J’éprouvai de nouveau une furieuse envie de revenir ; en cédant à la raison, je ne me diminuais devant personne. Ma vanité s’y opposa. Je ne pouvais pas, je ne devais pas céder. Après tout, contre les dangers que je bravais, un rifle ne m’eût pas mieux défendu qu’un fusil de chasse. Si je revenais au camp pour changer d’arme, je ne pouvais me flatter d’y entrer et d’en ressortir inaperçu. On me demanderait des explications : je n’aurais plus tout le bénéfice de mon entreprise. Je surmontai vite mon hésitation, et, prenant à deux mains mon courage, je repartis, tenant sous mon bras le fusil dont je n’avais que faire.

Si la forêt avait des ténèbres redoutables, combien plus redoutable encore était la blanche et paisible coulée du clair de lune dans la clairière des iguanodons ! Caché derrière un buisson, je la parcourus du regard, sans y voir aucun de ces grands animaux. Peut-être avaient-ils émigré après le drame dont un des leurs avait été victime.
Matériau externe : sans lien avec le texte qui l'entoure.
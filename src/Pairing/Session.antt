-- ===== src/Pairing/Session.antt =====
-- The sessions of pairing/pairing.go. Times are readings of the clock, in nanoseconds.
pub mod Code
pub mod Records
pub mod Polling
pub mod Exchange
pub mod Served
use mesh_net.Base.{
  ℕ, zero, suc, ◌+◌, ◌*◌, ◌%◌, ◌≡◌, Bool, true, false, ltb, if◌then◌else◌, Option, none, some, List,
  [], ◌∷◌, ◌++◌, map, length, drop, get_or, Bytes, codes,
}
use mesh_net.Outcome.{
  Outcome, ok, err, panics, ◌>>=◌, wrap, code_not_generated, invalid_pairing_service,
  pairing_timed_out, record_not_created, record_not_announced, pairing_lookup_failed,
  code_not_found, invalid_pairing_record,
}
use mesh_net.Crypto.{Crypto, public}
use mesh_net.Dht.NodeId.{pos, hex_encode}
use mesh_net.Dht.Store.{Record}
use mesh_net.Dht.Register.{create_record}
use mesh_net.Dht.Env.{Codec}
use mesh_net.Pairing.Contacts.{Contact}

-- `PairingTTL`, `PairingTimeout` and `PollInterval`
abbrev pub pairing_ttl : ℕ
pairing_ttl = 600 * 1_000_000_000

abbrev pub pairing_timeout : ℕ
pairing_timeout = 300 * 1_000_000_000

abbrev pub poll_interval : ℕ
poll_interval = 2 * 1_000_000_000

pub record PairingRecord : Type 0 where
  pub name : Bytes
  pub address : Bytes
  pub public_key : Bytes
  pub code : Bytes
  pub is_response : Bool

abbrev pub charset : Bytes
charset = codes "ABCDEFGHJKLMNPQRSTUVWXYZ23456789"

abbrev pub code_char : ℕ → ℕ
code_char v = get_or charset (v % length charset) 0

-- The argument is what `rand.Read` puts into `b`; `none` is its error.
unfoldable pub generate_code : Option Bytes → Outcome Bytes
generate_code none = err code_not_generated
generate_code (some b) = ok (codes "MESH-" ++ map code_char b)

unfoldable pub pairing_key : Bytes → Bytes
pairing_key code = codes "pair:" ++ code

unfoldable pub pairing_response_key : Bytes → Bytes
pairing_response_key code = codes "pair:" ++ (code ++ codes ":response")

-- `record.Services[0]`, if there is one.
abbrev pub first_service : Option (List Bytes) → Option Bytes
first_service none = none
first_service (some []) = none
first_service (some (svc ∷ rest)) = some svc

-- The fallback to the fields of the record.
abbrev pub raw_contact : ℕ → Record → Contact
raw_contact now r = record {
  name = r.name;
  address = r.address;
  public_key = r.public_key;
  paired_at = now;
}

-- What a session calls of the package `dht`: `Announce`, and `LookupValue` at its `i`-th call.
pub record Mesh : Type 0 where
  pub announce : Record → Outcome (Unit {0})
  pub lookup_value : ℕ → Bytes → Bytes → Outcome (Option Record)

-- `json.Marshal` of a `PairingRecord` has no error: its fields are texts and a truth value.
module _ (crypto : Crypto) (json : Codec PairingRecord) where
  unfoldable pub create_pairing_record : ℕ → Bytes → Bytes → Bytes → Bytes → Bool → Outcome Record
  create_pairing_record now name address priv_key record_name is_response = do
    pub_key ← public priv_key
    create_record crypto now (record {
      name = record_name;
      address = address;
      services = some (
          (codes "pairing:"
            ++ json.marshal (record {
              name = name;
              address = address;
              public_key = hex_encode pub_key;
              code = record_name;
              is_response = is_response;
            }))
          ∷ []);
      group_key = [];
      private_key = some priv_key;
      ttl = pos pairing_ttl;
    })

  unfoldable pub parse_pairing_response : ℕ → Record → Outcome Contact
  parse_pairing_response now r = elim (first_service r.services) [
    | none ↦ ok (raw_contact now r)
    | some svc ↦
        if ltb (length svc) (length (codes "pairing:"))
        then err invalid_pairing_service
        else elim (json.unmarshal (drop (length (codes "pairing:")) svc)) [
          | none ↦ ok (raw_contact now r)
          | some pr ↦ ok (record {
            name = pr.name;
            address = pr.address;
            public_key = pr.public_key;
            paired_at = now;
          })
        ]
  ]

  -- What a poll makes of a result of `LookupValue`: a contact, or nothing at a `continue`.
  unfoldable pub polled : ℕ → Outcome (Option Record) → Outcome (Option Contact)
  polled now (err e) = ok none
  polled now (ok none) = ok none
  polled now panics = panics
  polled now (ok (some r)) = elim (parse_pairing_response now r) [
    | ok c ↦ ok (some c)
    | err e ↦ ok none
    | panics ↦ panics
  ]

  -- The part of `Initiate` before the loop: the code, once the record is announced.
  unfoldable pub begin_session : Mesh → Option Bytes → ℕ → Bytes → Bytes → Bytes → Outcome Bytes
  begin_session mesh random created name address priv_key = do
    code ← generate_code random
    r ← wrap record_not_created (create_pairing_record created name address priv_key code false)
    _ ← wrap record_not_announced (mesh.announce r)
    ok code

  -- The clock is read at the test of the `i`-th poll, `clock i`, and when that poll has an answer,
  -- `parsed_at i`.
  module _ (mesh : Mesh) (clock parsed_at : ℕ → ℕ) where
    -- The loop of `Initiate`; `none` means that the fuel ran out.
    unfoldable pub poll_loop : ℕ → ℕ → ℕ → Bytes → Option (Outcome Contact)
    poll_loop zero i deadline response_key = none
    poll_loop (suc fuel) i deadline response_key =
        let rest = poll_loop fuel (suc i) deadline response_key in
        if ltb (clock i) deadline
        then elim (polled (parsed_at i) (mesh.lookup_value i response_key [])) [
          | ok none ↦ rest
          | ok (some c) ↦ some (ok c)
          | err e ↦ some (err e)
          | panics ↦ some panics
        ]
        else some (err pairing_timed_out)

    -- `created` is the time at which the record is made, `began` that of the deadline.
    unfoldable pub initiate :
        ℕ → Option Bytes → ℕ → ℕ → Bytes → Bytes → Bytes → Option (Outcome Contact)
    initiate fuel random created began name address priv_key =
        elim (begin_session mesh random created name address priv_key) [
          | ok code ↦ poll_loop fuel 0 (began + pairing_timeout) (pairing_response_key code)
          | err e ↦ some (err e)
          | panics ↦ some panics
        ]

  unfoldable pub join : Mesh → ℕ → ℕ → Bytes → Bytes → Bytes → Bytes → Outcome Contact
  join mesh parsed_at created name address priv_key code = do
    found ← wrap pairing_lookup_failed (mesh.lookup_value 0 code [])
    initiator_record ← elim found [ none ↦ err code_not_found | some r ↦ ok r ]
    initiator ← wrap invalid_pairing_record (parse_pairing_response parsed_at initiator_record)
    r ←
        wrap record_not_created
          (create_pairing_record created name address priv_key (pairing_response_key code) true)
    _ ← wrap record_not_announced (mesh.announce r)
    ok initiator
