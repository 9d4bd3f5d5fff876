-- ===== src/Pairing/Session/Code.antt =====
-- The codes and keys of pairing/pairing.go.
use mesh_net.Base.{
  ℕ, zero, suc, ◌%◌, ◌<◌, ◌≡◌, ◌≢◌, refl, sym, ap, ap₂, ◌∙◌, ◌↔◌, Option, none, Bool, true, false,
  not, ◌&&◌, ◌||◌, ◌==◌, some, [], ◌∷◌, ◌++◌, map, length, get_or, Bytes, codes, All, arith,
  length-append,
}
use mesh_net.Outcome.{ok}
use mesh_net.Pairing.Session.{charset, code_char, generate_code, pairing_response_key}

abbrev is_member : ℕ → Bytes → Bool
is_member x [] = false
is_member x (y ∷ ys) = x == y || is_member x ys

abbrev is_distinct : Bytes → Bool
is_distinct [] = true
is_distinct (x ∷ xs) = not (is_member x xs) && is_distinct xs

head_eq : {x y : ℕ} (xs ys : Bytes) → x ∷ xs ≡ y ∷ ys → x ≡ y
head_eq xs ys e = cc

tail_eq : {x y : ℕ} (xs ys : Bytes) → x ∷ xs ≡ y ∷ ys → xs ≡ ys
tail_eq xs ys e = cc

is_member-get_or : (xs : Bytes) (i : ℕ) → i < length xs → is_member (get_or xs i 0) xs ≡ true
is_member-get_or [] i h = absurd (omega arith)
is_member-get_or (x ∷ xs) zero h = ground arith
is_member-get_or (x ∷ xs) (suc i) h = ground (arith, is_member-get_or xs i)

get_or-injective :
    (xs : Bytes) (i j : ℕ)
    → is_distinct xs ≡ true
    → i < length xs
    → j < length xs
    → get_or xs i 0 ≡ get_or xs j 0
    → i ≡ j
get_or-injective [] i j d h k e = absurd (omega arith)
get_or-injective (x ∷ xs) zero zero d h k e = refl
get_or-injective (x ∷ xs) zero (suc j) d h k e = absurd (ground (arith, is_member-get_or xs j))
get_or-injective (x ∷ xs) (suc i) zero d h k e = absurd (ground (arith, is_member-get_or xs i))
get_or-injective (x ∷ xs) (suc i) (suc j) d h k e =
    ap suc (get_or-injective xs i j (ground arith) (omega arith) (omega arith) e)

code_char-injective : (v w : ℕ) → code_char v ≡ code_char w → v % 32 ≡ w % 32
code_char-injective v w e =
    get_or-injective charset (v % 32) (w % 32) refl (omega arith) (omega arith) e

code_char-congruent : (v w : ℕ) → v % 32 ≡ w % 32 → code_char v ≡ code_char w
code_char-congruent v w e = ap (λ i. get_or charset i 0) e

chars-injective :
    (a b : Bytes) → map code_char a ≡ map code_char b → map (λ v. v % 32) a ≡ map (λ v. v % 32) b
chars-injective [] [] e = refl
chars-injective [] (w ∷ b) e = cc
chars-injective (v ∷ a) [] e = cc
chars-injective (v ∷ a) (w ∷ b) e =
    ap₂ ◌∷◌ (code_char-injective v w (head_eq _ _ e)) (chars-injective a b (tail_eq _ _ e))

chars-congruent :
    (a b : Bytes) → map (λ v. v % 32) a ≡ map (λ v. v % 32) b → map code_char a ≡ map code_char b
chars-congruent [] [] e = refl
chars-congruent [] (w ∷ b) e = cc
chars-congruent (v ∷ a) [] e = cc
chars-congruent (v ∷ a) (w ∷ b) e =
    ap₂ ◌∷◌ (code_char-congruent v w (head_eq _ _ e)) (chars-congruent a b (tail_eq _ _ e))

-- A character of a code: of the set, and no letter or digit that looks like another one.
abbrev pub IsCodeChar : ℕ → Type 0
IsCodeChar c = (is_member c charset ≡ true) × (c ≢ b'I') × (c ≢ b'O') × (c ≢ b'0') × (c ≢ b'1')

true_apart : true ≢ false
true_apart e = cc

code_char-IsCodeChar : (v : ℕ) → IsCodeChar (code_char v)
code_char-IsCodeChar v =
    let here : is_member (code_char v) charset ≡ true =
      is_member-get_or charset (v % 32) (omega arith) in
    (here, other b'I' refl here, other b'O' refl here, other b'0' refl here, other b'1' refl here)
  where
    other :
        (x : ℕ)
        → is_member x charset ≡ false
        → is_member (code_char v) charset ≡ true
        → code_char v ≢ x
    other x h here e = true_apart (sym here ∙ ap (λ y. is_member y charset) e ∙ h)

chars-IsCodeChar : (b : Bytes) → All IsCodeChar (map code_char b)
chars-IsCodeChar [] = tt
chars-IsCodeChar (v ∷ b) = (code_char-IsCodeChar v, chars-IsCodeChar b)

length-chars : (b : Bytes) → length (map code_char b) ≡ length b
length-chars [] = refl
length-chars (v ∷ b) = ap suc (length-chars b)

-- Whatever random bytes are read, `GenerateCode` returns "MESH-" and one character for each of
-- them, from its set and none of I, O, 0 and 1; and two readings give the same code exactly if they
-- agree byte by byte modulo 32, so that each character is the image of eight of the 256 bytes.
pub generate_code-IsCode :
    (a b : Bytes)
    → ((chars : Bytes) × (generate_code (some a) ≡ ok (codes "MESH-" ++ chars))
        × (length chars ≡ length a)
        × All IsCodeChar chars)
      × ((generate_code (some a) ≡ generate_code (some b))
          ↔ (map (λ v. v % 32) a ≡ map (λ v. v % 32) b))
unfolding generate_code
generate_code-IsCode a b = (
  (map code_char a, refl, length-chars a, chars-IsCodeChar a),
  (
    λ e. chars-injective a b (codes_eq _ _ e),
    λ same. ap (λ cs. ok (codes "MESH-" ++ cs)) (chars-congruent a b same),
  ),
)
  where
    codes_eq : (xs ys : Bytes) → ok (codes "MESH-" ++ xs) ≡ ok (codes "MESH-" ++ ys) → xs ≡ ys
    codes_eq xs ys e = cc

append-injective : (xs ys zs ws : Bytes) → length xs ≡ length ys → xs ++ zs ≡ ys ++ ws → xs ≡ ys
append-injective [] [] zs ws h e = refl
append-injective [] (y ∷ ys) zs ws h e = absurd (omega (arith, h))
append-injective (x ∷ xs) [] zs ws h e = absurd (omega (arith, h))
append-injective (x ∷ xs) (y ∷ ys) zs ws h e =
    ap₂ ◌∷◌ (head_eq _ _ e) (append-injective xs ys zs ws (omega (arith, h)) (tail_eq _ _ e))

-- The key of a response tells the code that it answers, and is never a code of `GenerateCode`
-- itself, so that the record of the response does not stand under the name of the record that it
-- answers, nor under that of another session.
pub pairing_response_key_apart :
    (random : Option Bytes) (code other : Bytes)
    → generate_code random ≡ ok code
    → (pairing_response_key other ≢ code)
      × (pairing_response_key other ≡ pairing_response_key code → other ≡ code)
unfolding generate_code pairing_response_key
pairing_response_key_apart none code other h = cc
pairing_response_key_apart (some b) code other h =
    (λ e. apart (e ∙ code_eq _ _ (sym h)), λ e. same_code other code (cc))
  where
    code_eq : (xs ys : Bytes) → ok xs ≡ ok ys → xs ≡ ys
    code_eq xs ys e = cc

    apart : {xs ys : Bytes} → codes "pair:" ++ xs ≢ codes "MESH-" ++ ys
    apart e = absurd (omega (arith, head_eq _ _ e))

    same_code : (xs ys : Bytes) → xs ++ codes ":response" ≡ ys ++ codes ":response" → xs ≡ ys
    same_code xs ys e =
        append-injective xs ys (codes ":response") (codes ":response")
          (omega (
            arith,
            ap length e,
            length-append xs (codes ":response"),
            length-append ys (codes ":response"),
          ))
          e
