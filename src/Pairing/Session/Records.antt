-- ===== src/Pairing/Session/Records.antt =====
-- The records of a session of pairing/pairing.go, and what is read from them.
use mesh_net.Base.{
  ℕ, ◌+◌, ◌*◌, ◌^◌, ◌<◌, ◌≤◌, ◌≡◌, ◌≢◌, refl, sym, ap, ◌∙◌, Bool, true, false, ltb, none, some,
  List, [], ◌∷◌, ◌++◌, length, drop, Bytes, codes, All, IsByte, arith, inl, inr, ◌⊎◌, Option-cases,
  Bool-cases, length-append,
}
use mesh_net.Outcome.{ok, err, invalid_pairing_service}
use mesh_net.Crypto.{Crypto, IsCrypto}
use mesh_net.Dht.NodeId.{pos, hex_encode}
use mesh_net.Dht.Store.{Record, verify, is_expired}
use mesh_net.Dht.Register.{RegisterOptions, create_record}
use mesh_net.Dht.Register.Signed.{create_record-verify, public-ok}
use mesh_net.Dht.Register.Lifetime.{create_record_lasts}
use mesh_net.Dht.Env.{Codec}
use mesh_net.Pairing.Contacts.{Contact}
use mesh_net.Pairing.Session.{
  PairingRecord, pairing_ttl, first_service, raw_contact, create_pairing_record,
  parse_pairing_response,
}

-- The contact that a `PairingRecord` gives.
abbrev pub contact_from : ℕ → PairingRecord → Contact
contact_from now pr = record {
  name = pr.name;
  address = pr.address;
  public_key = pr.public_key;
  paired_at = now;
}

pub ok_eq : {r s : Record} → ok r ≡ ok s → r ≡ s
ok_eq e = cc

drop-append : (xs ys : Bytes) → drop (length xs) (xs ++ ys) ≡ ys
drop-append [] ys = refl
drop-append (x ∷ xs) ys = drop-append xs ys

module _ (crypto : Crypto) (json : Codec PairingRecord) where
  parse-long :
      (now : ℕ) (r : Record) (svc text : Bytes)
      → first_service r.services ≡ some svc
      → 8 ≤ length svc
      → drop 8 svc ≡ text
      → parse_pairing_response crypto json now r ≡ elim (json.unmarshal text) [
        | none ↦ ok (raw_contact now r)
        | some pr ↦ ok (contact_from now pr)
      ]
  unfolding parse_pairing_response
  parse-long now r svc text h long e = ground (arith, h, long, e)

  parse-bare :
      (now : ℕ) (r : Record)
      → first_service r.services ≡ none
      → parse_pairing_response crypto json now r ≡ ok (raw_contact now r)
  unfolding parse_pairing_response
  parse-bare now r h = ground (arith, h)

  parse-short :
      (now : ℕ) (r : Record) (svc : Bytes)
      → first_service r.services ≡ some svc
      → ltb (length svc) 8 ≡ true
      → parse_pairing_response crypto json now r ≡ err invalid_pairing_service
  unfolding parse_pairing_response
  parse-short now r svc h short = ground (arith, h, short)

  -- `parsePairingResponse` takes the contact from any record whose first service is any eight bytes
  -- and then the text of a `PairingRecord`: the public key of the contact is the one in that text,
  -- whatever key the record has and was signed with, and neither the prefix nor the code nor the
  -- kind of the `PairingRecord` is looked at.
  parse_pairing_response_unchecked :
      (now : ℕ) (r : Record) (prefix text : Bytes) (rest : List Bytes) (pr : PairingRecord)
      → length prefix ≡ 8
      → r.services ≡ some ((prefix ++ text) ∷ rest)
      → json.unmarshal text ≡ some pr
      → parse_pairing_response crypto json now r ≡ ok (contact_from now pr)
  parse_pairing_response_unchecked now r prefix text rest pr size h e =
      parse-long now r (prefix ++ text) text (ap first_service h)
        (omega (arith, size, length-append prefix text))
        (ap (λ n. drop n (prefix ++ text)) (sym size) ∙ drop-append prefix text)
      ∙ rw e refl

  -- What `parsePairingResponse` makes of a record: an error, exactly if the first service is shorter
  -- than its prefix; else a contact, from the fields of the record where there is no service or its
  -- text is no `PairingRecord`, and from that `PairingRecord` otherwise.
  pub parse_pairing_response-cases :
      (now : ℕ) (r : Record)
      → ((svc : Bytes) × (first_service r.services ≡ some svc)
          × (length svc < 8)
          × (parse_pairing_response crypto json now r ≡ err invalid_pairing_service))
        ⊎ ((first_service r.services ≡ none)
            × (parse_pairing_response crypto json now r ≡ ok (raw_contact now r)))
        ⊎ ((svc : Bytes) × (first_service r.services ≡ some svc)
            × (8 ≤ length svc)
            × (((json.unmarshal (drop 8 svc) ≡ none)
                  × (parse_pairing_response crypto json now r ≡ ok (raw_contact now r)))
                ⊎ ((pr : PairingRecord) × (json.unmarshal (drop 8 svc) ≡ some pr)
                    × (parse_pairing_response crypto json now r ≡ ok (contact_from now pr)))))
  parse_pairing_response-cases now r = elim (Option-cases (first_service r.services)) [
    | inl bare ↦ inr (inl (bare, parse-bare now r bare))
    | inr (svc, h) ↦ elim (Bool-cases (ltb (length svc) 8)) [
      | inl short ↦ inl (svc, h, ground arith, parse-short now r svc h short)
      | inr long ↦
          let parse = parse-long now r svc (drop 8 svc) h (ground arith) refl in
          inr (
            inr (
              svc,
              h,
              ground arith,
              elim (Option-cases (json.unmarshal (drop 8 svc))) [
                | inl e ↦ inl (e, parse ∙ rw e refl)
                | inr (pr, e) ↦ inr (pr, e, parse ∙ rw e refl)
              ],
            ))
    ]
  ]

  -- What `createPairingRecord` encodes, for the key made of 32 random bytes.
  abbrev pub offer : Bytes → Bytes → Bytes → Bytes → Bool → PairingRecord
  offer name address seed record_name is_response = record {
    name = name;
    address = address;
    public_key = hex_encode (drop 32 (crypto.new_key seed));
    code = record_name;
    is_response = is_response;
  }

  abbrev options : Bytes → Bytes → Bytes → Bytes → Bool → RegisterOptions
  options name address seed record_name is_response = record {
    name = record_name;
    address = address;
    services =
        some (
          (codes "pairing:" ++ json.marshal (offer name address seed record_name is_response))
          ∷ []);
    group_key = [];
    private_key = some (crypto.new_key seed);
    ttl = pos pairing_ttl;
  }

  create_pairing_record-ok :
      (now : ℕ) (name address seed record_name : Bytes) (is_response : Bool)
      → length (crypto.new_key seed) ≡ 64
      → create_pairing_record crypto json now name address
          (crypto.new_key seed)
          record_name
          is_response
        ≡ create_record crypto now (options name address seed record_name is_response)
  unfolding create_pairing_record
  create_pairing_record-ok now name address seed record_name is_response long =
      rw (public-ok (crypto.new_key seed) long) refl

  -- The record that is made of an offer is read as that offer.
  pub parse-created :
      (now later : ℕ) (name address seed record_name : Bytes) (is_response : Bool) (r : Record)
      → IsCrypto crypto
      → (length seed ≡ 32) × All IsByte seed
      → record_name ≢ []
      → address ≢ []
      → json.unmarshal (json.marshal (offer name address seed record_name is_response))
        ≡ some (offer name address seed record_name is_response)
      → create_pairing_record crypto json now name address
          (crypto.new_key seed)
          record_name
          is_response
        ≡ ok r
      → parse_pairing_response crypto json later r
        ≡ ok (contact_from later (offer name address seed record_name is_response))
  parse-created now later name address seed record_name is_response r laws secret n a same made =
      let opts = options name address seed record_name is_response in
      let (s, made', _, _, _, _, services) =
        create_record-verify crypto now opts seed laws secret refl n a in
      let one : s ≡ r = ok_eq (
        sym made'
        ∙ sym (
            create_pairing_record-ok now name address seed record_name is_response
              (laws.key_length seed secret.0))
        ∙ made) in
      parse_pairing_response_unchecked later r (codes "pairing:")
        (json.marshal (offer name address seed record_name is_response)) []
        (offer name address seed record_name is_response) refl
        (ap (λ (q : Record). q.services) (sym one) ∙ services) same

  -- With the key generated from 32 random bytes, a name for the record and an address,
  -- `createPairingRecord` makes a public record of that name that passes `Verify` and has not
  -- expired within 599 seconds, and from which `parsePairingResponse` takes the name, the address
  -- and the public key of its maker, where `encoding/json` reads back what it wrote of them.
  pub parse_pairing_response-create :
      (now later : ℕ) (name address seed record_name : Bytes) (is_response : Bool)
      → IsCrypto crypto
      → (length seed ≡ 32) × All IsByte seed
      → record_name ≢ []
      → address ≢ []
      → json.unmarshal (json.marshal (offer name address seed record_name is_response))
        ≡ some (offer name address seed record_name is_response)
      → later ≤ now + 599 * 1_000_000_000
      → now < 2 ^ 63
      → (r : Record) × (create_pairing_record crypto json now name address
            (crypto.new_key seed)
            record_name
            is_response
          ≡ ok r)
        × (verify crypto r ≡ ok tt)
        × (r.name ≡ record_name)
        × (r.group_key ≡ [])
        × (is_expired later r ≡ false)
        × (parse_pairing_response crypto json later r
            ≡ ok (contact_from later (offer name address seed record_name is_response)))
  parse_pairing_response-create now later name address seed record_name is_response laws secret n a
        same soon dated =
      let opts = options name address seed record_name is_response in
      let (r, made, good, named, _, group, _) =
        create_record-verify crypto now opts seed laws secret refl n a in
      let created =
        create_pairing_record-ok now name address seed record_name is_response
          (laws.key_length seed secret.0)
        ∙ made in
      (
        r,
        created,
        good,
        named,
        group,
        ground (
          arith,
          soon,
          create_record_lasts crypto now pairing_ttl later opts r refl dated (omega arith) made,
        ),
        parse-created now later name address seed record_name is_response r laws secret n a same
            created,
      )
Dans le brouillard argenté de la nuit, rien ne bougeait. Je m’enhardis, je traversai vivement la clairière, et j’allai, de l’autre côté, dans la brousse, retrouver le ruisseau qui me servait de guide. Aimable et réconfortant compagnon, dont le joyeux gargouillis me rappelait le cher petit torrent de mon pays où, tout enfant, j’allais, la nuit, pêcher la truite ! Je n’avais qu’à le suivre pour être conduit au lac et ramené au camp. Souvent, je le perdais de vue, à cause de l’épaisseur de la broussaille, mais je ne cessais pas d’avoir dans l’oreille le tintement de son clapotis.

En descendant la pente, le bois s’amincissait, le fourré s’y substituait peu à peu, avec des intervalles de grands arbres. J’avançais donc assez vite, voyant et ne pouvant être vu. Non loin du marais des ptérodactyles, un d’eux, qui pouvait bien mesurer vingt pieds de long, se leva soudain de je ne sais où, claqua sèchement des ailes, et prit son essor. Quand il passa devant la lune, ses ailes membraneuses s’éclairèrent en transparence, tellement qu’il avait l’air d’un squelette volant dans la blancheur de cette sérénité tropicale. Je me blottis sous le fourré, sachant par expérience qu’il lui suffirait d’un cri pour ameuter cent mâles contre moi ; et j’attendis qu’il se fût posé pour me remettre en route.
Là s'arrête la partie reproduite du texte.